Can we harness the spirit of Dogma again, I ask. What are students in the great film schools of Europe, in Lodz, Paris, Beaconsfield and Copenhagen, sitting around doing if not plotting a revolution, or at least a new wave?

“Well they need to work out how to get people to watch their stuff,” he says. “There are some amazing film-makers I see coming out of Europe and they have great visual ideas but they make these films all around Europe and they can’t get audiences to come, maybe they get 1,000 people to a premiere at a festival but then, nothing. I do know from Dogma, and maybe we were lucky, but we got a lot of people to come with us over the cliff, film-makers and audiences. Those are bridges you cannot burn.” 

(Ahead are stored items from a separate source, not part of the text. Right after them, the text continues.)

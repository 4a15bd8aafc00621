-- ===== src/ConnectionStore/Consistency/Commanding.antt =====
-- The commands of apps/desktop/src/store/connection-store.ts keep a consistent state.
use socketlens.Common.{
  ℕ, ◌+◌, ◌≡◌, refl, inl, inr, [], ◌∷◌, List, Option, none, some, Bool, true, false, not, ◌&&◌,
  ◌||◌, Text, lit, truthy, is_some, or_else, or_some, Option-cases, if◌then◌else◌,
}
use socketlens.Packet.{Stamp}
use socketlens.Platform.{Platform}
use socketlens.Connection.{Connection, ConnectionStatus}
use socketlens.ConnectionStore.{Settings, World}
use socketlens.ConnectionStore.Sockets.{cleanup_socket}
use socketlens.ConnectionStore.Commands.{
  patch_active, cleanup_active, end_session, disposed_status, release_active, disconnect, dispose,
  reconnect, truthy_id, cooling, same_active, is_connecting,
}
use socketlens.ConnectionStore.Messages.{SendMessageOptions, send_target, record_sent, send_message}
use socketlens.ConnectionStore.Listing.{IsListing, KeepsIds, patch-IsListing}
use socketlens.ConnectionStore.Consistency.{
  IsConsistent, IsDown, if-IsConsistent, IsConsistent-cleanup, IsConsistent-fail_active,
}
use socketlens.ConnectionStore.Consistency.Connecting.{IsConsistent-connect}

patch_active-IsListing :
    (id : Option Text) (patch : Connection → Connection) (cs : List Connection)
    → KeepsIds patch
    → IsListing cs
    → IsListing (patch_active id patch cs)
patch_active-IsListing none patch cs k h = h
patch_active-IsListing (some []) patch cs k h = h
patch_active-IsListing (some (c ∷ id)) patch cs k h = patch-IsListing cs (c ∷ id) patch k h

module _ (π : Platform) (settings : Settings) where
  end_session-connection :
      (stamps : ℕ → Stamp) (id : Option Text) (code : ℕ) (reason : Text) (w : World)
      → (end_session π settings stamps id code reason w).connection ≡ w.connection
  end_session-connection stamps none code reason w = refl
  end_session-connection stamps (some []) code reason w = refl
  end_session-connection stamps (some (c ∷ id)) code reason w = refl

  cleanup_active-IsConsistent :
      (stamp : Stamp) (socket : Option ℕ) (code : ℕ) (w : World)
      → IsConsistent w.connection
      → IsConsistent (cleanup_active π settings stamp socket code w).connection
  cleanup_active-IsConsistent stamp none code w h = h
  cleanup_active-IsConsistent stamp (some n) code w h =
      IsConsistent-cleanup π settings stamp n code w h

  IsConsistent-release_active :
      (stamps : ℕ → Stamp) (code : ℕ) (reason : Text) (status : ConnectionStatus) (w : World)
      → IsDown status
      → IsConsistent w.connection
      → IsConsistent (release_active π settings stamps code reason status w).connection
  unfolding release_active
  IsConsistent-release_active stamps code reason status w down h = record {
    listing =
        patch_active-IsListing w.connection.active_connection_id _ _ (λ x. refl)
          (rw
            (end_session-connection stamps w.connection.active_session_id code reason
              (cleanup_active π settings (stamps 3) w.connection.socket code w))
            (cleanup_active-IsConsistent (stamps 3) w.connection.socket code w h).listing);
    backed = tt;
    live = down;
  }

  pub IsConsistent-disconnect :
      (stamps : ℕ → Stamp) (w : World)
      → IsConsistent w.connection
      → IsConsistent (disconnect π settings stamps w).connection
  unfolding disconnect
  IsConsistent-disconnect stamps w h =
      IsConsistent-release_active stamps 1000 _ ConnectionStatus.disconnected w tt h

  disposed_status-IsDown : (status : ConnectionStatus) → IsDown (disposed_status status)
  disposed_status-IsDown ConnectionStatus.idle = tt
  disposed_status-IsDown ConnectionStatus.connecting = tt
  disposed_status-IsDown ConnectionStatus.connected = tt
  disposed_status-IsDown ConnectionStatus.disconnected = tt
  disposed_status-IsDown ConnectionStatus.error = tt

  pub IsConsistent-dispose :
      (stamps : ℕ → Stamp) (reason : Option Text) (w : World)
      → IsConsistent w.connection
      → IsConsistent (dispose π settings stamps reason w).connection
  unfolding dispose
  IsConsistent-dispose stamps reason w h =
      let released =
        IsConsistent-release_active stamps 1001
          (or_else reason (π.t (lit "app.logs.windowClosing") []))
          (disposed_status w.connection.status) w (disposed_status-IsDown w.connection.status) h in
      if-IsConsistent (is_some w.connection.socket || truthy_id w.connection.active_session_id) _ _
        released released

  pub IsConsistent-send_message :
      (stamps : ℕ → Stamp) (thrown : Option Text) (payload : Text) (options : SendMessageOptions)
      (w : World)
      → IsConsistent w.connection
      → IsConsistent (send_message π settings stamps thrown payload options w).0.connection
  unfolding send_message record_sent
  IsConsistent-send_message stamps thrown payload options w h =
      elim (Option-cases (send_target π settings payload w)) [
        | inl e ↦ rw (e, send_message) h
        | inr ((n, connection_id, session_id), e) ↦ elim (Option-cases thrown) [
          | inl t ↦ rw (e, t, send_message) h
          | inr (message, t) ↦
              rw (e, t, send_message)
                (IsConsistent-fail_active π settings stamps connection_id session_id _ none
                  (cleanup_socket π settings (stamps 4) n 1011 w)
                  (IsConsistent-cleanup π settings (stamps 4) n 1011 w h).listing)
        ]
      ]

  if-IsConsistent_first :
      {A : Type 0} (b : Bool) (x y : World × A)
      → IsConsistent x.0.connection
      → IsConsistent y.0.connection
      → IsConsistent (if b then x else y).0.connection
  if-IsConsistent_first true x y h k = h
  if-IsConsistent_first false x y h k = k

  pub IsConsistent-reconnect :
      (stamps : ℕ → Stamp) (id : Option Text) (w : World)
      → IsConsistent w.connection
      → IsConsistent (reconnect π settings stamps id w).0.connection
  unfolding reconnect
  IsConsistent-reconnect stamps id w h =
      let state = w.connection in
      let next = or_some id (or_some state.selected_connection_id state.active_connection_id) in
      let now = (stamps 0).now in
      elim (Option-cases next) [
        | inl e ↦ rw (e, reconnect) h
        | inr (chosen, e) ↦
            rw (e, reconnect)
              (if-IsConsistent_first (not (truthy chosen)) _ _ h (
                if-IsConsistent_first (is_connecting state.status) _ _ h (
                  if-IsConsistent_first (cooling π settings state.last_reconnect_attempt_at now) _ _
                    h
                    (if-IsConsistent_first
                      (same_active π settings state.active_connection_id chosen
                        && is_some state.socket)
                      _ _ (IsConsistent-disconnect (λ i. stamps (i + 2)) _ (counted h))
                      (IsConsistent-connect π settings (λ i. stamps (i + 2)) _ _ (counted h))))))
      ]
    where
      counted :
          {at : Option ℕ} {attempts : ℕ}
          → IsConsistent w.connection
          → (let state = w.connection in
              IsConsistent
                (record state { last_reconnect_attempt_at = at; reconnect_attempts = attempts }))
      counted c = record { listing = c.listing; backed = c.backed; live = c.live }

What was it in Dogma then, that this new generation can take and harness to spark new life? “Our primary goal was to remove personal taste and declare ourselves witnesses not painters,” he remembers. “We wanted to undress the movies and find purity and nakedness, that’s all I know. It was cleansing for me. But is that what’s needed again? It’s a fragile moment in film history right now, and a revolt could be too dangerous. Oh dear, what am I saying?”

It’s time to go. We haven’t cracked it, Thomas and I. We don’t have a blueprint, no revolutionary document scrawled on the headed notepaper of this five-star hotel overlooking the Thames. We say goodbye as he ponders the grey brown river and a return to his young family in Copenhagen and the tide of history. Maybe the next time we meet, things will be different, I sigh. 

Vive la revolution?” he offers weakly. I want more than that. He says it louder and with conviction and it echoes along the hotel corridor. Hopefully, someone will hear.